### Exercise details:
Return the following from the records below: each line, word for word, starting with the line that contains "-- need none." and going on through the line that contains "may_be_escaped c = is_dn_special", with nothing outside that range.

┌──

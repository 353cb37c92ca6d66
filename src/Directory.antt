-- ===== src/Directory.antt =====
-- apps/api/src/auth/ldap.service.ts (`Names`, `Lookup`) and channel-sync.service.ts (`Slugs`,
-- `ChannelSync`): who a person is in the directory, and the channels that follow from it.
pub mod Names
pub mod Filters
pub mod Components
pub mod Lookup
pub mod Slugs
pub mod ChannelSync
pub mod Synced
pub mod Memory
pub mod Tests
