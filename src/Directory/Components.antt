-- ===== src/Directory/Components.antt =====
-- Distinguished names written after RFC 4514, and what the code reads of them.
use munichat.Prelude.{
  ℕ, ◌≡◌, refl, ap, ◌∙◌, Bool, true, false, not, ◌&&◌, ◌||◌, some, List, [], ◌∷◌, ◌++◌, map, ◌==◌,
  arith, All,
}
use munichat.Text.{Text, lit, trim}
use munichat.Directory.Names.{
  is_line_end, split_commas, split_dn, unescape_dn_value, join_commas, any_line_end, unit_value,
  department_of, department_from_dn,
}

-- A component in which every comma follows a backslash, and which does not end in a backslash.
abbrev pub is_part : Bool → Text → Bool
is_part escaped [] = not escaped
is_part escaped (c ∷ t) = (not (c == b',') || escaped) && is_part (c == b'\\') t

abbrev pub IsComponent : Text → Type 0
IsComponent p = (is_part false p ≡ true) × (trim p ≡ p)

-- The two halves of the test of a component.
part_inv :
    (escaped : Bool) (c : ℕ) (t : Text)
    → is_part escaped (c ∷ t) ≡ true
    → (c == b',' && not escaped ≡ false) × (is_part (c == b'\\') t ≡ true)
part_inv escaped c t h = (ground (arith, h), ground (arith, h))

split_commas_last :
    (escaped : Bool) (p : Text) → is_part escaped p ≡ true → split_commas escaped p ≡ (p, [])
unfolding split_commas
split_commas_last escaped [] h = refl
split_commas_last escaped (c ∷ t) h =
    let (separate, rest) = part_inv escaped c t h in
    rw (split_commas_last (c == b'\\') t rest, split_commas) (rw separate refl)

split_commas_part :
    (escaped : Bool) (p rest : Text)
    → is_part escaped p ≡ true
    → split_commas escaped (p ++ b',' ∷ rest)
      ≡ (p, (split_commas false rest).0 ∷ (split_commas false rest).1)
unfolding split_commas
split_commas_part true [] rest h = absurd (ground (arith, h))
split_commas_part false [] rest h = refl
split_commas_part escaped (c ∷ t) rest h =
    let (separate, more) = part_inv escaped c t h in
    rw (split_commas_part (c == b'\\') t rest more, split_commas) (rw separate refl)

split_commas-join_commas :
    (p : Text) (ps : List Text)
    → All IsComponent (p ∷ ps)
    → split_commas false (join_commas (p ∷ ps)) ≡ (p, ps)
unfolding join_commas
split_commas-join_commas p [] h = split_commas_last false p h.0.0
split_commas-join_commas p (q ∷ qs) h =
    split_commas_part false p (join_commas (q ∷ qs)) h.0.0
    ∙ rw (split_commas-join_commas q qs h.1) refl

map-trim_components : (ps : List Text) → All IsComponent ps → map trim ps ≡ ps
map-trim_components [] h = refl
map-trim_components (p ∷ ps) h = rw (h.0.1) (rw (map-trim_components ps h.1) refl)

-- The components of a name are read back as they were, where they are joined with commas.
pub split_dn-join_commas :
    (p : Text) (ps : List Text)
    → All IsComponent (p ∷ ps)
    → split_dn (join_commas (p ∷ ps)) ≡ p ∷ ps
unfolding split_dn
split_dn-join_commas p ps h =
    rw (split_commas-join_commas p ps h, split_dn) (map-trim_components (p ∷ ps) h)

-- The characters that RFC 4514 writes with a backslash before them, the first of them also where they
-- need none.
abbrev is_dn_special : ℕ → Bool
is_dn_special c =
    c == b'"' || c == b'+' || c == b',' || c == b';' || c == b'<' || c == b'>' || c == b'\\'

abbrev may_be_escaped : ℕ → Bool
may_be_escaped c = is_dn_special c || c == b' ' || c == b'#' || c == b'='

-- `IsWritten text value`: the text is the value of an attribute after RFC 4514, without its pairs of
-- hexadecimal digits. A special character has a backslash before it, and so may have a space, a `#` and
-- a `=`.
pub data IsWritten : Text → Text → Type 0 where
  nothing : IsWritten [] []
  plainly :
      (c : ℕ) {text value : Text}
      → is_dn_special c ≡ false
      → IsWritten text value
      → IsWritten (c ∷ text) (c ∷ value)
  escaped :
      (c : ℕ) {text value : Text}
      → may_be_escaped c ≡ true
      → IsWritten text value
      → IsWritten (b'\\' ∷ c ∷ text) (c ∷ value)

unescape_plain :
    (c : ℕ) (t : Text) → c == b'\\' ≡ false → unescape_dn_value (c ∷ t) ≡ c ∷ unescape_dn_value t
unfolding unescape_dn_value
unescape_plain c [] h = refl
unescape_plain c (d ∷ t) h = rw h refl

no_backslash : (c : ℕ) → is_dn_special c ≡ false → c == b'\\' ≡ false
no_backslash c h = ground (arith, h)

no_line_end : (c : ℕ) → may_be_escaped c ≡ true → is_line_end c ≡ false
no_line_end c h = ground (arith, h)

unescape_dn_value-IsWritten :
    {text value : Text} → IsWritten text value → unescape_dn_value text ≡ value
unfolding unescape_dn_value
unescape_dn_value-IsWritten nothing = refl
unescape_dn_value-IsWritten (plainly c {text = t} h w) =
    unescape_plain c t (no_backslash c h) ∙ ap (λ x. c ∷ x) (unescape_dn_value-IsWritten w)
unescape_dn_value-IsWritten (escaped c h w) =
    rw (no_line_end c h) (ap (λ x. c ∷ x) (unescape_dn_value-IsWritten w))

any_line_end-IsWritten :
    {text value : Text}
    → IsWritten text value
    → any_line_end value ≡ false
    → any_line_end text ≡ false
any_line_end-IsWritten nothing h = refl
any_line_end-IsWritten (plainly c e w) h = ground (arith, any_line_end-IsWritten w, h)
any_line_end-IsWritten (escaped c e w) h = ground (arith, any_line_end-IsWritten w, h)

written_nonempty :
    {text : Text} {c : ℕ} {value : Text}
    → IsWritten text (c ∷ value)
    → (d : ℕ) × (x : Text) × (text ≡ d ∷ x)
written_nonempty (plainly c {text = t} e w) = (c, t, refl)
written_nonempty (escaped c {text = t} e w) = (b'\\', c ∷ t, refl)

unit_value-IsWritten :
    (text : Text) (c : ℕ) (t : Text)
    → IsWritten text (c ∷ t)
    → any_line_end (c ∷ t) ≡ false
    → unit_value (lit "OU=" ++ text) ≡ some text
unfolding unit_value
unit_value-IsWritten text c t w h =
    let (d, x, e) = written_nonempty w in
    let clean = any_line_end-IsWritten w h in rw e (rw (rw e at clean) refl)

-- The department of an account is its parent unit: of a name with the components `account`, `OU=` with
-- the unit's name as RFC 4514 writes it without hexadecimal pairs, and `above`, the code reads that
-- name, and the unit with those above it as its place. The components must neither begin nor end with
-- white space nor end in a backslash, and the unit's name must have a character and no line end.
pub department_from_dn-IsWritten :
    (account text : Text) (c : ℕ) (t : Text) (above : List Text)
    → IsWritten text (c ∷ t)
    → All IsComponent (account ∷ (lit "OU=" ++ text) ∷ above)
    → any_line_end (c ∷ t) ≡ false
    → department_from_dn (join_commas (account ∷ (lit "OU=" ++ text) ∷ above))
      ≡ some (record { dn = join_commas ((lit "OU=" ++ text) ∷ above); name = c ∷ t })
unfolding department_from_dn
department_from_dn-IsWritten account text c t above w h clean =
    ap department_of (split_dn-join_commas account ((lit "OU=" ++ text) ∷ above) h)
    ∙ (rw (unit_value-IsWritten text c t w clean, department_of)
        (rw (unescape_dn_value-IsWritten w) refl))
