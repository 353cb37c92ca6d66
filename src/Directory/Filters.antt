-- ===== src/Directory/Filters.antt =====
-- A reader of filter values after RFC 4515, and what it makes of the values that the code writes.
use munichat.Prelude.{
  ℕ, ◌-◌, ◌*◌, ◌+◌, ◌/◌, ◌%◌, ◌<◌, ltb, ◌≡◌, refl, ap, ◌∙◌, true, false, ◌&&◌, ◌||◌, Option, none,
  some, [], ◌∷◌, ◌++◌, if◌then◌else◌, ◌==◌, leb, arith, Bool-cases, inl, inr,
}
use munichat.Text.{Text}
use munichat.Directory.Names.{is_filter_special, hex_digit_of, escape_filter_value}

-- The value of a hexadecimal digit.
abbrev pub hex_value : ℕ → Option ℕ
hex_value d =
    if leb 48 d && leb d 57
    then some (d - 48)
    else if leb 97 d && leb d 102
    then some (d - 87)
    else if leb 65 d && leb d 70
    then some (d - 55)
    else none

abbrev pub prepended : ℕ → Option (Text × Text) → Option (Text × Text)
prepended c none = none
prepended c (some (t, rest)) = some (c ∷ t, rest)

-- What a code unit is inside an assertion value.
pub data Kind : Type 0 where
  closing escape forbidden plain : Kind

abbrev pub kind_of : ℕ → Kind
kind_of c =
    if c == b')'
    then closing
    else if c == b'\\'
    then escape
    else if c == b'(' || c == b'*' || c == 0
    then forbidden
    else plain

-- Before a code unit of the value, after a backslash, or after its first digit.
pub data Reading : Type 0 where
  at_unit : Reading
  at_first : Reading
  at_second : ℕ → Reading

-- The assertion value up to its closing parenthesis, and what follows it: a backslash begins the two
-- digits of a code, and an opening parenthesis, an asterisk or NUL is no part of a value.
unfoldable pub read_from : Reading → Text → Option (Text × Text)
read_from r [] = none
read_from at_unit (c ∷ t) = elim (kind_of c) [
  | closing ↦ some ([], t)
  | escape ↦ read_from at_first t
  | forbidden ↦ none
  | plain ↦ prepended c (read_from at_unit t)
]
read_from at_first (c ∷ t) = elim (hex_value c) [
  | none ↦ none
  | some high ↦ read_from (at_second high) t
]
read_from (at_second high) (c ∷ t) = elim (hex_value c) [
  | none ↦ none
  | some low ↦ prepended (high * 16 + low) (read_from at_unit t)
]

hex_value-hex_digit_of : (n : ℕ) → n < 16 → hex_value (hex_digit_of n) ≡ some n
hex_value-hex_digit_of n h = elim (Bool-cases (ltb n 10)) [
  | inl small ↦ ground arith
  | inr large ↦ ground arith
]

special_bound : (c : ℕ) → is_filter_special c ≡ true → c < 256
special_bound c h = ground arith

kind_of_plain : (c : ℕ) → is_filter_special c ≡ false → kind_of c ≡ plain
kind_of_plain c h = ground arith

by_16 : (c : ℕ) → c < 256 → c / 16 < 16
by_16 c h = omega arith

digits_of : (c : ℕ) → c / 16 * 16 + c % 16 ≡ c
digits_of c = omega arith

read_escaped :
    (d e h l : ℕ) (t v rest : Text)
    → hex_value d ≡ some h
    → hex_value e ≡ some l
    → read_from at_unit t ≡ some (v, rest)
    → read_from at_unit (b'\\' ∷ d ∷ e ∷ t) ≡ some ((h * 16 + l) ∷ v, rest)
unfolding read_from
read_escaped d e h l t v rest first second read =
    rw (first, read_from) (rw (second, read_from) (rw (read, read_from) refl))

read_plain :
    (c : ℕ) (t v rest : Text)
    → kind_of c ≡ plain
    → read_from at_unit t ≡ some (v, rest)
    → read_from at_unit (c ∷ t) ≡ some (c ∷ v, rest)
unfolding read_from
read_plain c t v rest kind read = rw (kind, read_from) (rw (read, read_from) refl)

-- A value that the code has escaped, put before the closing parenthesis of a filter, is read back as
-- it was: whatever the value is, it neither ends the filter early nor adds to it, and what follows
-- the parenthesis is untouched.
pub escape_filter_value_read :
    (value rest : Text)
    → read_from at_unit (escape_filter_value value ++ b')' ∷ rest) ≡ some (value, rest)
unfolding read_from escape_filter_value
escape_filter_value_read [] rest = refl
escape_filter_value_read (c ∷ t) rest = elim (Bool-cases (is_filter_special c)) [
  | inl special ↦ rw special (
      read_escaped (hex_digit_of (c / 16)) (hex_digit_of (c % 16)) (c / 16) (c % 16)
        (escape_filter_value t ++ b')' ∷ rest) t rest
        (hex_value-hex_digit_of (c / 16) (by_16 c (special_bound c special)))
        (hex_value-hex_digit_of (c % 16) (omega arith)) (escape_filter_value_read t rest)
      ∙ ap (λ d. some (d ∷ t, rest)) (digits_of c))
  | inr ordinary ↦ rw ordinary (
      read_plain c (escape_filter_value t ++ b')' ∷ rest) t rest (kind_of_plain c ordinary)
        (escape_filter_value_read t rest))
]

└──

### Result for this exercise:
-- need none.
abbrev is_dn_special : ℕ → Bool
is_dn_special c =
    c == b'"' || c == b'+' || c == b',' || c == b';' || c == b'<' || c == b'>' || c == b'\\'

abbrev may_be_escaped : ℕ → Bool
may_be_escaped c = is_dn_special c || c == b' ' || c == b'#' || c == b'='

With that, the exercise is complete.